Once again, many of the risk factors and safeguards associated with ACO-like arrangements can be gleaned from OIG advisory opinions. In Advisory Opinion 08-21, for example, the OIG concluded that notwithstanding the fact that the arrangement at issue implicated the Services Reduction CMP, it also incorporated “several features that, in combination, provide sufficient safeguards so that we would not seek sanctions against the [r]equestors.”

First, the “specific cost saving actions and resulting savings were clearly and separately identified.” This “transparency” allows for “public scrutiny and individual physician accountability for any adverse effects” of the arrangement, “including any difference in treatment among patients based on non-clinical indicators.” The “transparency of the incentives for specific actions and specific procedures also facilitates accountability through the medical- legal professional liability system.”

Second, there is “credible medical support for the position that implementation of the recommendations did not adversely affect patient care.”

Third, the amounts to be paid under the arrangement “have been calculated based on all procedures performed, regardless of the patients’ insurance coverage, subject to the cap on payment for federal health care program procedures.” In addition, the “procedures to which the [a]rrangement applied were not disproportionately performed on federal health care program beneficiaries.” Further, “the cost savings have been calculated on the [h]ospital’s actual out-of-pocket acquisition costs, not an accounting convention.”

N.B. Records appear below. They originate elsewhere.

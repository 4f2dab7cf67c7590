-- ===== src/Vartype/Reached.antt =====
-- The loop of the parser (crates/haste_vartype/src/parser.rs) over the tokens of a type name.
use haste.Prelude.{
  ℕ, zero, suc, ◌+◌, ◌<◌, ◌≤◌, ◌≡◌, refl, ◌∙◌, arith, false, List, [], ◌∷◌, none, some,
}
use haste.Outcome.{ok}
use haste.Vartype.{Span, TokenKind, l_angle, r_angle, l_square, r_square, asterisk}
use haste.Vartype.Tokenizer.{Charsor, next_token as next_of_tokenizer}
use haste.Vartype.Parser.{
  Expr, str, num, pointer, template, array, Parser, next_token, expect_token, parse_loop,
  parse_from,
}
use haste.Vartype.Print.{parse_usize-decimal, spell_len, spell, Len, IsTypeName}
use haste.Vartype.Tokens.{Yields}

-- The rounds of the loop that an expression takes at its own level, and with those of its arguments.
abbrev pub rounds : Expr → ℕ
rounds (pointer e) = rounds e + 1
rounds (template e arg) = rounds e + 1
rounds (array e len) = rounds e + 1
rounds _ = 0

abbrev pub size : Expr → ℕ
size (pointer e) = size e + 1
size (template e arg) = size e + size arg + 1
size (array e len) = size e + 1
size _ = 1

pub rounds_lt_size : (e : Expr) → rounds e < size e
rounds_lt_size (Expr.ident s) = omega arith
rounds_lt_size (Expr.lit l) = omega arith
rounds_lt_size (pointer e) = omega (arith, rounds_lt_size e)
rounds_lt_size (template e arg) = omega (arith, rounds_lt_size e)
rounds_lt_size (array e len) = omega (arith, rounds_lt_size e)

module _ (c : Charsor) (bound : ℕ) where
  abbrev pub at_cursor : c.State → Parser c
  at_cursor s = record { cursor = s; prev_token = none }

  -- From the tokens of `e` in front of `ks`, the parsing comes to the loop at `e` and `ks`.
  abbrev pub Reached : ℕ → c.State → Expr → List TokenKind → Type 0
  Reached fuel s e ks =
      (left : ℕ) × (s' : c.State) × (left + rounds e ≡ fuel)
      × (parse_from c false bound fuel (at_cursor s)
          ≡ parse_loop c false bound left e (at_cursor s'))
      × Yields c bound s' ks

  -- One round of the loop, for each token.
  loop_pointer :
      (fuel : ℕ) (e : Expr) (s : c.State) (ks : List TokenKind)
      → Yields c bound s (asterisk ∷ ks)
      → (s' : c.State) × (parse_loop c false bound (suc fuel) e (at_cursor s)
          ≡ parse_loop c false bound fuel (pointer e) (at_cursor s'))
        × Yields c bound s' ks
  unfolding parse_loop next_token
  loop_pointer fuel e s ks (span, s', n, y) = (s', rw (parse_loop, next_token, n) refl, y)

  pub loop_end :
      (fuel : ℕ) (e : Expr) (s : c.State)
      → Yields c bound s []
      → (q : Parser c) × (parse_loop c false bound (suc fuel) e (at_cursor s) ≡ ok (e, q))
  unfolding parse_loop next_token
  loop_end fuel e s (s', n) = (at_cursor s', rw (parse_loop, next_token, n) refl)

  loop_r_angle :
      (fuel : ℕ) (e : Expr) (s : c.State) (ks : List TokenKind)
      → Yields c bound s (r_angle ∷ ks)
      → (span : Span) × (s' : c.State) × (parse_loop c false bound (suc fuel) e (at_cursor s)
          ≡ ok (
            e,
            record { cursor = s'; prev_token = some (record { kind = r_angle; span = span }) },
          ))
        × Yields c bound s' ks
  unfolding parse_loop next_token
  loop_r_angle fuel e s ks (span, s', n, y) = (span, s', rw (parse_loop, next_token, n) refl, y)

  loop_array :
      (fuel : ℕ) (e len : Expr) (s : c.State) (ks : List TokenKind)
      → Len len
      → Yields c bound s (l_square ∷ spell_len len (r_square ∷ ks))
      → (s' : c.State) × (parse_loop c false bound (suc fuel) e (at_cursor s)
          ≡ parse_loop c false bound fuel (array e len) (at_cursor s'))
        × Yields c bound s' ks
  unfolding parse_loop next_token expect_token
  loop_array fuel e (Expr.ident w) s ks h (_, s1, n1, (_, s2, n2, (_, s3, n3, y))) = (
    s3,
    rw (parse_loop, next_token, n1, expect_token, next_token, n2, expect_token, next_token, n3)
        refl,
    y,
  )
  loop_array fuel e (Expr.lit (num n)) s ks h (_, s1, n1, (_, s2, n2, (_, s3, n3, y))) = (
    s3,
    rw (parse_loop, next_token, n1, expect_token, next_token, n2, parse_usize-decimal n h, n3) refl,
    y,
  )
  loop_array fuel e (Expr.lit (str w)) s ks h y = absurd h
  loop_array fuel e (pointer x) s ks h y = absurd h
  loop_array fuel e (template x a) s ks h y = absurd h
  loop_array fuel e (array x a) s ks h y = absurd h

  loop_template :
      (fuel : ℕ) (e arg : Expr) (s1 : c.State) (s : c.State) (ks : List TokenKind) (span : Span)
      → next_of_tokenizer c false bound s ≡ ok (some (record { kind = l_angle; span = span }), s1)
      → size arg ≤ fuel
      → Reached fuel s1 arg (r_angle ∷ ks)
      → (s' : c.State) × (parse_loop c false bound (suc fuel) e (at_cursor s)
          ≡ parse_loop c false bound fuel (template e arg) (at_cursor s'))
        × Yields c bound s' ks
  unfolding parse_loop next_token expect_token parse_from
  loop_template fuel e arg s1 s ks span n small (zero, s2, r, to, y) =
      absurd (omega (arith, rounds_lt_size arg))
  loop_template fuel e arg s1 s ks span n small (suc left, s2, r, to, y) =
      let (span', s3, at, y') = loop_r_angle left arg s2 ks y in
      (s3, rw (parse_loop, next_token, n, to, at) refl, y')

  -- One round more.
  one_more :
      (e e' : Expr) (fuel : ℕ) (s : c.State) (before behind : List TokenKind)
      → rounds e' ≡ rounds e + 1
      → rounds e < fuel
      → ((f : ℕ) (t : c.State)
          → suc f + rounds e ≡ fuel
          → Yields c bound t before
          → (t' : c.State) × (parse_loop c false bound (suc f) e (at_cursor t)
              ≡ parse_loop c false bound f e' (at_cursor t'))
            × Yields c bound t' behind)
      → Reached fuel s e before
      → Reached fuel s e' behind
  one_more e e' fuel s before behind same small step (zero, t, r, to, y) = absurd (omega arith)
  one_more e e' fuel s before behind same small step (suc f, t, r, to, y) =
      let (t', at, y') = step f t r y in (f, t', omega arith, to ∙ at, y')

  -- The tokens of a type name, in front of any tokens, are read as that type name.
  pub spell-Reached :
      (e : Expr) (fuel : ℕ) (s : c.State) (ks : List TokenKind)
      → IsTypeName e
      → size e ≤ fuel
      → Yields c bound s (spell e ks)
      → Reached fuel s e ks
  unfolding parse_from expect_token next_token
  spell-Reached (Expr.ident w) fuel s ks h small (span, s', e, y) =
      (fuel, s', omega arith, rw (parse_from, expect_token, next_token, e) refl, y)
  spell-Reached (Expr.lit l) fuel s ks h small y = absurd h
  spell-Reached (pointer e) fuel s ks h small y =
      one_more e (pointer e) fuel s (asterisk ∷ ks) ks refl (omega (arith, rounds_lt_size e))
        (λ f t r y'. loop_pointer f e t ks y')
        (spell-Reached e fuel s (asterisk ∷ ks) h (omega arith) y)
  spell-Reached (array e len) fuel s ks (h, hl) small y =
      one_more e (array e len) fuel s (l_square ∷ spell_len len (r_square ∷ ks)) ks refl
        (omega (arith, rounds_lt_size e)) (λ f t r y'. loop_array f e len t ks hl y')
        (spell-Reached e fuel s (l_square ∷ spell_len len (r_square ∷ ks)) h (omega arith) y)
  spell-Reached (template e arg) fuel s ks (h, ha) small y =
      one_more e (template e arg) fuel s (l_angle ∷ spell arg (r_angle ∷ ks)) ks refl
        (omega (arith, rounds_lt_size e))
        (λ f t r (span, t1, n, y').
          let fits : size arg ≤ f = omega (arith, rounds_lt_size e) in
          loop_template f e arg t1 t ks span n fits
            (spell-Reached arg f t1 (r_angle ∷ ks) ha fits y'))
        (spell-Reached e fuel s (l_angle ∷ spell arg (r_angle ∷ ks)) h (omega arith) y)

Fourth, the arrangement “protected against inappropriate reductions in services by utilizing objective historical and clinical measures to establish baseline thresholds beyond which no savings accrued to the [g]roups.” The requestors “have certified that these baseline measures were reasonably related to the [h] ospital’s or comparable hospitals’ practices and patient populations.” In addition, these safeguards were “action-specific and not simply based on isolated patient outcome data unrelated to the specific changes in cardiac catheterization practices.”

Fifth, the “product standardization portion of the [a]rrangement further protected against inappropriate reductions in services by ensuring that individual physicians still had available the same selection of devices and supplies after

implementation of the [a]rrangement as before.” The arrangement “was designed to produce savings through inherent clinical and fiscal value and not from restricting the availability of devices and supplies.”

Sixth, the hospital and groups “provided written disclosures of their involvement in the [a]rrangement to patients whose care might have been affected by the [a]rrangement” and “provided patients an opportunity to review the cost savings recommendations prior to admission to the [h]ospital (or, where pre-admission consent was impracticable, prior to consenting to the procedure).” While “we do not believe that, standing alone, such disclosures offer sufficient protection from program or patient abuse, effective and meaningful disclosure offers some protection against possible abuses of patient trust.”

Seventh, the “financial incentives under the [a]rrangement were reasonably limited in duration and amount.”

Eighth, because “each of the [g]roups distributes profits to its members on a per capita basis, any incentive for an individual physician to generate disproportionate cost savings was mitigated.”

In sum, the OIG noted, the arrangement is “markedly different from ‘gainsharing’ plans that purport to pay physicians a percentage of generalized cost savings not tied to specific, identifiable cost-lowering activities.” Rather, the arrangement “set out the specific actions to be taken and tied the remuneration to the actual, verifiable cost savings attributable to those actions.” This transparency, in turn, “allowed an assessment of the likely effect of the [a]rrangement on quality of care and ensures that the identified actions are the cause of any savings.” In short, “[g]iven the limited duration and scope of the [a]rrangement, the safeguards provided sufficient protections against patient and program abuse.” “Other arrangements,” however, “including those that are

longer in duration or more expansive in scope than the [a]rrangement, are likely to require additional or different safeguards.”